When the blockage of the ducts becomes severe, the skin of the breast becomes pitted, much like the skin of an orange. This may or not be accompanied by a marked increase in breast size. Other symptoms include a feeling of heaviness, burning, or tenderness in the breast. Lymph nodes may become palpable under the arm and near the collarbone.

Treatments

New treatments are constantly being tested as interventions for inflammatory breast cancer. Persons who have been diagnosed to have it are often encouraged to participate in clinical trials that test these treatments.

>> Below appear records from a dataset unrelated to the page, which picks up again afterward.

-- ===== src/Host/Wait.antt =====
-- src/scripthost.cpp: which closures are executed before a restart, and that it comes.
use mathlib.Core.List.{append_assoc, append-nil}
use bipscript.Prelude.{
  ℕ, ◌+◌, ◌<◌, ◌≡◌, refl, sym, ap, ◌∙◌, List, [], ◌∷◌, ◌++◌, Bool, true, false, ◌||◌, Bool-cases,
  Option, none, some, inl, inr, if◌then◌else◌, length, length-append, arith,
}
use bipscript.Host.{
  Script, Came, Access, load, poll, next, arrive, restarted, execute, free_collected, wait,
}

or_true : (a b : Bool) → b ≡ true → a || b ≡ true
or_true true b e = refl
or_true false b e = e

module _ {A : Type 0} where
  abbrev pub closures_of : List (Came A) → List A
  closures_of [] = []
  closures_of (came ∷ later) = came.closures ++ closures_of later

  abbrev pub is_asked : Bool → List (Came A) → Bool
  is_asked asked [] = asked
  is_asked asked (came ∷ later) = is_asked (asked || came.restart) later

  -- The wait has ended with the load that `last` came before: what came until then was executed, in
  -- order and each once, what came with `last` is left in the queue, and the flags are set back.
  pub record Ended (s : Script A) (came : List (Came A)) (s' : Script A) : Type 0 where
    pub used : List (Came A)
    pub last : Came A
    pub rest : List (Came A)
    pub seen : came ≡ used ++ last ∷ rest
    pub was_set : is_asked s.restart_flag (used ++ last ∷ []) ≡ true
    pub in_order : s'.executed ≡ (s.executed ++ s.queue) ++ closures_of used
    pub left : s'.queue ≡ last.closures
    pub answered : s'.restart_flag ≡ false
    pub running : s'.running_flag ≡ true
    pub dropped : s'.released ≡ true

  abbrev pub Ends : Access → List (Came A) → Script A → Type 0
  Ends access came s = (s' : Script A) × (wait access came s ≡ some s') × Ended s came s'

  moved : (x p a r u : List A) → p ++ a ≡ r → (x ++ r) ++ u ≡ (x ++ p) ++ (a ++ u)
  moved x p a r u e =
      ap (λ v. (x ++ v) ++ u) (sym e)
      ∙ ap (λ v. v ++ u) (sym (append_assoc x p a))
      ∙ append_assoc (x ++ p) a u

  -- What is left to come and to be executed.
  abbrev open_closures : Script A → List (Came A) → ℕ
  open_closures s came = length s.queue + length (closures_of came)

  at_load :
      (came : Came A) (later : List (Came A)) (s : Script A)
      → s.queue ≡ []
      → (arrive came s).restart_flag ≡ true
      → Ends load (came ∷ later) s
  unfolding wait
  at_load came later s q f = (
    restarted (arrive came s),
    ap (λ b. if b then some (restarted (arrive came s)) else wait poll later (arrive came s)) f,
    record {
      used = [];
      last = came;
      rest = later;
      seen = refl;
      was_set = f;
      in_order = sym (
          append-nil (s.executed ++ s.queue) ∙ ap (λ v. s.executed ++ v) q ∙ append-nil s.executed);
      left = ap (λ v. v ++ came.closures) q;
      answered = refl;
      running = refl;
      dropped = refl;
    },
  )

  -- An access that executes or frees, and what is true of the wait from the next on.
  further :
      (came : Came A) (later : List (Came A)) (s t s' : Script A)
      → t.restart_flag ≡ s.restart_flag || came.restart
      → t.executed ++ t.queue ≡ s.executed ++ (s.queue ++ came.closures)
      → Ended t later s'
      → Ended s (came ∷ later) s'
  further came later s t s' f k e = record {
    used = came ∷ e.used;
    last = e.last;
    rest = e.rest;
    seen = ap (λ v. came ∷ v) e.seen;
    was_set = ap (λ b. is_asked b (e.used ++ e.last ∷ [])) (sym f) ∙ e.was_set;
    in_order =
        e.in_order
        ∙ ap (λ v. v ++ closures_of e.used) k
        ∙ moved s.executed s.queue came.closures (s.queue ++ came.closures) (closures_of e.used)
            refl;
    left = e.left;
    answered = e.answered;
    running = e.running;
    dropped = e.dropped;
  }

  unset :
      (came : Came A) (later : List (Came A)) (s : Script A)
      → (arrive came s).restart_flag ≡ false
      → Ends poll later (arrive came s)
      → Ends load (came ∷ later) s
  unfolding wait
  unset came later s f e = (
    e.0,
    ap (λ b. if b then some (restarted (arrive came s)) else wait poll later (arrive came s)) f
        ∙ e.1,
    further came later s (arrive came s) e.0 refl refl e.2,
  )

  polled : (came : Came A) (later : List (Came A)) → Script A → List A → Option (Script A)
  polled came later s queue = elim (next queue) [
    | none ↦ wait load later (free_collected (arrive came s))
    | some r ↦ wait poll later (execute r (arrive came s))
  ]

  emptied :
      (came : Came A) (later : List (Came A)) (s : Script A)
      → s.queue ++ came.closures ≡ []
      → Ends load later (free_collected (arrive came s))
      → Ends poll (came ∷ later) s
  unfolding wait next polled
  emptied came later s q e = (
    e.0,
    ap (polled came later s) q ∙ e.1,
    further came later s (free_collected (arrive came s)) e.0 refl refl e.2,
  )

  executed :
      (came : Came A) (later : List (Came A)) (s : Script A) (closure : A) (queue : List A)
      → s.queue ++ came.closures ≡ closure ∷ queue
      → Ends poll later (execute (closure, queue) (arrive came s))
      → Ends poll (came ∷ later) s
  unfolding wait next polled
  executed came later s closure queue q e = (
    e.0,
    ap (polled came later s) q ∙ e.1,
    further came later s (execute (closure, queue) (arrive came s)) e.0 refl
        (append_assoc s.executed (closure ∷ []) queue ∙ ap (λ v. s.executed ++ v) (sym q)) e.2,
  )

  fewer :
      (s : Script A) (came : Came A) (later : List (Came A)) (queue : List A)
      → s.queue ++ came.closures ≡ queue
      → open_closures s (came ∷ later) ≡ length queue + length (closures_of later)
  fewer s came later queue q = omega (
    arith,
    length-append s.queue came.closures,
    ap length q,
    length-append came.closures (closures_of later),
  )

  -- A poll, by what it finds in the queue.
  poll_each :
      (came : Came A) (later : List (Came A)) (s : Script A) (queue : List A)
      → s.queue ++ came.closures ≡ queue
      → (s.queue ++ came.closures ≡ [] → Ends load later (free_collected (arrive came s)))
      → ((closure : A) (rest : List A)
          → s.queue ++ came.closures ≡ closure ∷ rest
          → Ends poll later (execute (closure, rest) (arrive came s)))
      → Ends poll (came ∷ later) s
  poll_each came later s [] q f g = emptied came later s q (f q)
  poll_each came later s (closure ∷ rest) q f g =
      executed came later s closure rest q (g closure rest q)

  load_set :
      (later : List (Came A)) (s : Script A)
      → 0 < length later
      → s.queue ≡ []
      → s.restart_flag ≡ true
      → Ends load later s
  load_set [] s l q f = absurd (omega (arith, l))
  load_set (came ∷ later) s l q f = at_load came later s q (ap (λ b. b || came.restart) f)

  poll_set :
      (came : Came A) (later : List (Came A)) (s : Script A)
      → (arrive came s).restart_flag ≡ true
      → open_closures s (came ∷ later) < length later
      → ((t : Script A)
          → t.restart_flag ≡ true
          → open_closures t later + 1 < length later
          → Ends poll later t)
      → Ends poll (came ∷ later) s
  poll_set came later s f h ih =
      poll_each came later s (s.queue ++ came.closures) refl
        (λ q.
          load_set later (free_collected (arrive came s))
            (omega (arith, h, fewer s came later [] q)) q f)
        (λ closure rest q.
          ih (execute (closure, rest) (arrive came s)) f
            (omega (arith, h, fewer s came later (closure ∷ rest) q)))

  -- Once the flag is set, the wait ends when there are more accesses than closures.
  set-Ends :
      (later : List (Came A)) (s : Script A)
      → s.restart_flag ≡ true
      → open_closures s later + 1 < length later
      → Ends poll later s
  set-Ends [] s f h = absurd (omega (arith, h))
  set-Ends (came ∷ later) s f h =
      poll_set came later s (ap (λ b. b || came.restart) f) (omega (arith, h))
        (λ t. set-Ends later t)

  -- The queue is empty before a load.
  abbrev Ready : Access → Script A → Type 0
  Ready load s = s.queue ≡ []
  Ready poll s = Unit {0}

  access-Ends :
      (access : Access) (before : List (Came A)) (came : Came A) (after : List (Came A))
      (s : Script A)
      → came.restart ≡ true
      → Ready access s
      → open_closures s (before ++ came ∷ after) < length after
      → Ends access (before ++ came ∷ after) s
  access-Ends load [] came after s r q h =
      at_load came after s q (or_true s.restart_flag came.restart r)
  access-Ends poll [] came after s r q h =
      poll_set came after s (or_true s.restart_flag came.restart r) h (set-Ends after)
  access-Ends load (c ∷ before) came after s r q h = elim (Bool-cases (arrive c s).restart_flag) [
    | inl f ↦ at_load c (before ++ came ∷ after) s q f
    | inr f ↦ unset c (before ++ came ∷ after) s f (
        access-Ends poll before came after (arrive c s) r tt
          (omega (arith, h, fewer s c (before ++ came ∷ after) (s.queue ++ c.closures) refl)))
  ]
  access-Ends poll (c ∷ before) came after s r q h =
      let later = before ++ came ∷ after in
      poll_each c later s (s.queue ++ c.closures) refl
        (λ e.
          access-Ends load before came after (free_collected (arrive c s)) r e
            (omega (arith, h, fewer s c later (s.queue ++ c.closures) refl)))
        (λ closure rest e.
          access-Ends poll before came after (execute (closure, rest) (arrive c s)) r tt
            (omega (arith, h, fewer s c later (closure ∷ rest) e)))

  -- With the queue empty at first, when another thread asks for a restart and the accesses after that
  -- are more than all the closures that come, the wait ends, with a load of the flag, which has been set
  -- by then. What was executed in the wait is what came before the accesses until that load, in the
  -- order of its dispatch and each closure once; what came with the last load is left in the queue; the
  -- restart flag is set back, the running flag is set and the run table is released.
  pub wait_lem :
      (before : List (Came A)) (came : Came A) (after : List (Came A)) (s : Script A)
      → came.restart ≡ true
      → s.queue ≡ []
      → length (closures_of (before ++ came ∷ after)) < length after
      → (s' : Script A) × (wait load (before ++ came ∷ after) s ≡ some s')
        × Ended s (before ++ came ∷ after) s'
  wait_lem before came after s r q h =
      access-Ends load before came after s r q (omega (arith, h, ap length q))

The usual protocol for treating the inflammatory type of breast cancer consists of a multimodal approach, which has been seen to produce better responses from patients; it has also improved survival rates. The first step in this approach is systemic chemotherapy in order to shrink the tumor. After this, surgery is done to remove the tumor followed by radiation therapy.

Surgery may take the form of modified radical mastectomy, which means removing the entire affected breast, the lymph nodes under the adjacent arm and quite often, the lining over the underlying chest muscles. While the chest muscles are preserved, the smaller chest muscles may also be removed.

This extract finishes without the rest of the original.